I was hoping that a lot of the complexity would be relatively cheap, since it would only apply once or twice per session- such as rules for XP distribution, which can be handled (mostly) during Rest- or only change infrequently, such as bonuses from support skill. I don't know. It may need to test the mechanics more throroughly.

What I have been worried about is (A.) the notation needed to ensure complexity can be handled in a fairly transparent way, and (B.) individual check complexity. Multiplying check results can get tedious when dealing with high skill levels-
"9 x 27 = ...? You have 2 seonds to answer."

I've thought that a different system would be to allow players to roll and add bigger dice, (or multiply the rolls,) at higher skill levels.
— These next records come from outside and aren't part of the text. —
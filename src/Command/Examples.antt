-- ===== src/Command/Examples.antt =====
-- The theorems of the commands on a machine that answers at once.
use monitor_agent.Base.{
  All, ◌≡◌, ◌↔◌, refl, true, Option, none, some, ◌⊎◌, inl, inr, [], ◌∷◌, Text, lit, empty, is_empty,
  is_some, trim_space, text_eq,
}
use monitor_agent.Base.Int.{pos}
use monitor_agent.Crypto.Examples.{bare}
use monitor_agent.Command.Json.{Json, text, obj, Fields, end, field, str_param, lookup}
use monitor_agent.Command.Host.{Host}
use monitor_agent.Command.Reply.{find_reply}
use monitor_agent.Command.Reply.First.{first_of, candidates, Filled, find_reply_lem}
use monitor_agent.Command.Executor.{execute}
use monitor_agent.Command.Message.{exec_message}
use monitor_agent.Command.Executor.Final.{IsFinal, execute-IsFinal}
use monitor_agent.Command.Message.Failure.{exec_message_failed}
use monitor_agent.Command.Consumer.{Command, Consumer, handle_command}
use monitor_agent.Command.Consumer.Reports.{reports, OneFinal, handle_command-reports}
use monitor_agent.Command.Consumer.Origin.{runs, Origin, handle_command-Origin}

-- The state is the text that was written last; the CLI fails and prints a line.
abbrev host : Host
host = record {
  State = Text;
  launchctl = λ args s. ((empty, none), s);
  openclaw = λ timeout args s. ((lit "gateway closed", some (lit "exit status 1")), s);
  config_path = λ s. (lit "/home/a/openclaw.json", s);
  read_file = λ path s. (inr s, s);
  write_file = λ path content s. (none, content);
  mkdir_all = λ path s. (none, s);
  stamp = λ s. (lit "20260101-000000", s);
  dir = λ path. path;
  unmarshal = λ content. inr (text content);
  marshal_indent = λ v. lit "{}";
}

abbrev message_params : Fields
message_params = field (lit "message") (text (lit "hello")) end

abbrev write_params : Fields
write_params =
    field (lit "action") (text (lit "write")) (field (lit "content") (text (lit "{}")) end)

execute-IsFinal_example : IsFinal (execute host (lit "openclaw_message") message_params empty).0
execute-IsFinal_example = execute-IsFinal host (lit "openclaw_message") message_params empty

exec_message_failed_example : ((exec_message host message_params empty).0.status ≡ 3) ↔ (
    (is_some (some (lit "exit status 1")) ≡ true)
    × (is_empty (trim_space (lit "gateway closed")) ≡ true))
exec_message_failed_example =
    exec_message_failed host message_params empty
      (unfold str_param lookup text_eq lit trim_space is_empty in refl)

abbrev no_json : Text → Option Json
no_json t = none

abbrev answered : Json
answered = obj (field (lit "reply") (text (lit "done")) end)

find_reply_lem_example :
    (find_reply no_json 9 answered ≡ first_of (candidates no_json 9 answered))
    × All Filled (candidates no_json 9 answered)
find_reply_lem_example = find_reply_lem no_json 9 answered

abbrev consumer : Consumer
consumer = record {
  has_acker = true;
  has_progress = true;
  private_key = some (lit "private");
  now = 1000;
  prims = bare;
  scan_id = λ id. pos 7;
  parse_envelope = λ payload. inl (lit "unexpected end of JSON input");
  parse_decrypted = λ plaintext. inl (lit "unexpected end of JSON input");
  open_error_text = λ e. lit "refused";
  panic_text = lit "incorrect nonce length";
}

abbrev encrypted : Command
encrypted = record {
  id = lit "7";
  type = empty;
  params = end;
  encrypted_payload = lit "{";
  is_encrypted = true;
}

handle_command-reports_example :
    OneFinal (lit "7") (reports (handle_command host consumer encrypted empty).0)
handle_command-reports_example = handle_command-reports host consumer encrypted empty

handle_command-Origin_example :
    (runs (handle_command host consumer encrypted empty).0 ≡ [])
    ⊎ ((t : Text) × (p : Fields) × (runs (handle_command host consumer encrypted empty).0
          ≡ (t, p) ∷ [])
        × Origin consumer encrypted t p)
handle_command-Origin_example = handle_command-Origin host consumer encrypted empty
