-- ===== src/Command/Service/Listing.antt =====
-- What `execStatus` says of a listing of services.
use monitor_agent.Base.{
  ◌≡◌, refl, ap, ◌∙◌, arith, false, Option, none, some, List, [], ◌∷◌, ◌++◌, All, All-append,
  Bool-cases, inl, inr, Text, lit, text_eq, is_empty, is_space, trim_space, split, words, contains,
  has_prefix, ◌==◌, if◌then◌else◌,
}
use monitor_agent.Base.Strings.Words.{
  IsSolid, IsWord, words-trim_space, words-tab, words-last, split-line, filled_of_words,
}
use monitor_agent.Command.Host.{Host}
use monitor_agent.Command.Cli.{done}
use monitor_agent.Command.Service.{
  service_name, service_status, first_match, status_result, exec_status,
}

-- a service, as `launchctl list` prints it
pub record Row : Type 0 where
  pub pid : Text
  pub exit_code : Text
  pub label : Text

abbrev pub IsRow : Row → Type 0
IsRow r = IsWord r.pid × IsWord r.exit_code × IsWord r.label

abbrev pub print_row : Row → Text
print_row r = r.pid ++ 9 ∷ (r.exit_code ++ 9 ∷ r.label)

-- one line for each service
abbrev pub listing : List Row → Text
listing [] = []
listing (r ∷ rs) = print_row r ++ 10 ∷ listing rs

-- the first service whose line contains the name
unfoldable pub named : List Row → Option Row
named [] = none
named (r ∷ rs) = if contains (print_row r) service_name then some r else named rs

-- what is reported of it
unfoldable pub told : Option Row → Text
told none = lit "not loaded"
told (some r) =
    if text_eq r.pid (lit "-")
    then lit "not running (last exit: " ++ r.exit_code ++ lit ")"
    else lit "running (pid: " ++ r.pid ++ lit ")"

no_line_end : (w : Text) → IsSolid w → All (λ c. (c == 10) ≡ false) w
unfolding is_space
no_line_end [] h = tt
no_line_end (c ∷ w) (h, hs) = (ground (arith, h), no_line_end w hs)

row_on_line : (r : Row) → IsRow r → All (λ c. (c == 10) ≡ false) (print_row r)
row_on_line r ((_, p), (_, e), (_, l)) =
    All-append _ r.pid _ (no_line_end r.pid p)
      (refl, All-append _ r.exit_code _ (no_line_end r.exit_code e) (refl, no_line_end r.label l))

row_words :
    (r : Row) → IsRow r → words (trim_space (print_row r)) ≡ r.pid ∷ r.exit_code ∷ r.label ∷ []
row_words r (p, e, l) =
    words-trim_space (print_row r)
    ∙ words-tab r.pid _ p
    ∙ ap (λ ws. r.pid ∷ ws)
        (words-tab r.exit_code _ e ∙ ap (λ ws. r.exit_code ∷ ws) (words-last r.label l))

-- the text of the status for a matched line
abbrev status_of_line : Text → Text
status_of_line m = if is_empty m then lit "not loaded" else service_status (words m)

status_of_row : (r : Row) → IsRow r → status_of_line (trim_space (print_row r)) ≡ told (some r)
unfolding told service_status
status_of_row r h =
    rw (filled_of_words (trim_space (print_row r)) _ _ (row_words r h), row_words r h) refl

no_lines : status_of_line (first_match (split 10 (listing []))) ≡ lit "not loaded"
unfolding first_match split contains has_prefix lit
no_lines = refl

status_of_listing :
    (rs : List Row)
    → All IsRow rs
    → status_of_line (first_match (split 10 (listing rs))) ≡ told (named rs)
unfolding told named first_match
status_of_listing [] h = no_lines
status_of_listing (r ∷ rs) (h, hs) =
    let lines = split-line 10 (print_row r) (listing rs) (row_on_line r h) in
    elim (Bool-cases (contains (print_row r) service_name)) [
      | inl y ↦ rw (lines, y, first_match) (status_of_row r h)
      | inr n ↦ rw (lines, n, first_match) (status_of_listing rs hs)
    ]

status_result-listing :
    (h : Host) (rs : List Row)
    → All IsRow rs
    → status_result h (listing rs, none) ≡ done (service_name ++ lit ": " ++ told (named rs))
unfolding status_result
status_result-listing h rs r =
    ap (λ (t : Text). done (service_name ++ lit ": " ++ t)) (status_of_listing rs r)

-- If `launchctl list` prints services, one on each line, `execStatus` reports status 2 and tells of the
-- first service whose line contains the name of the gateway: that it runs and its process, or its last
-- exit code; or that it is not loaded, where no line does.
pub exec_status-listing :
    (h : Host) (s : h.State) (rs : List Row)
    → All IsRow rs
    → (h.launchctl (lit "list" ∷ []) s).0 ≡ (listing rs, none)
    → (exec_status h s).0 ≡ done (service_name ++ lit ": " ++ told (named rs))
unfolding exec_status
exec_status-listing h s rs r e = rw e (status_result-listing h rs r)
Like so:
{table=head]skill level | dice roll
0-6 | 2d6
7-8 | 2d8
9-10 | 2d10
11-12 | 2d6 x2
13-16 | 2d8 x2
17-20 | 2d10 x2
21-24 | 2d6 x4
25-32 | 2d8 x4
33-40 | 2d10 x4
41-48 | 2d6 x8
49-64 | 2d8 x8
65-80 | 2d10 x8
[/table]
...etc.
Or, possibly, just 2d6 x(skill level / 4). That way, you still get proportional results (so that skill 20 vs skill 10 is similar to skill 80 vs skill 40.)

The raising and lowering of skills section needs a table, the two lists are difficult to follow.
Will do.

The skill decay table is hard to follow as you have base how frequent a skill "delevels" based on the skills base XP level; the table goes from 0-50 while the base XP list a little higher up on the post goes from 1 to 10000...
(for example, base XP goes up at weird and inconsistent intervals).
The decay interval works off base XP (which is static,) not current XP.
If you're talking about level progression, that's based (roughly) off the (or a) Fibonacci series (http://en.wikipedia.org/wiki/Fibonacci_number), to approximate exponential growth. For base XP by skill, that's meant to reflect how easy learning the skill should be (it's far easier (or at least faster) to improve your fitness and muscle power than your logic or creative ability.) At the same time, of course, it's easier in the long term to raise high-XP skills to high levels, since they suffer much less frequent XP decay.

Also the x# notation for the base XP is confusing, it seems to imply a multiplier, which doesn't make sense to me.
No, that's correct. Raising a skill to base level 5 takes 8 times the base XP. But no, it doesn't eat XP, it just sets current level based on current XP. So, if you have 40 XP in Brawn, then your base Brawn is 5. I'll try to clarify the whole thing.


Have you seen FUDGE? For some reason this reminded me a little bit of FUDGE.
I can see the resemblance, actually, in that the system seems to have freeform skill trees and skill difficulties. I'll take a closer look in a while.

Anyways, I am sorry if this sounds harsh, you are tackling a very hard thing. I have seem a lot of attempts at realistic skill systems (I've tried a few times myself) and they are usually just as (or more) complicated as yours here.
Not a problem :)- harsh, I can work with. Lack of info, not so much.


EDIT: Tables added to initial post. Will work on other mechanics later.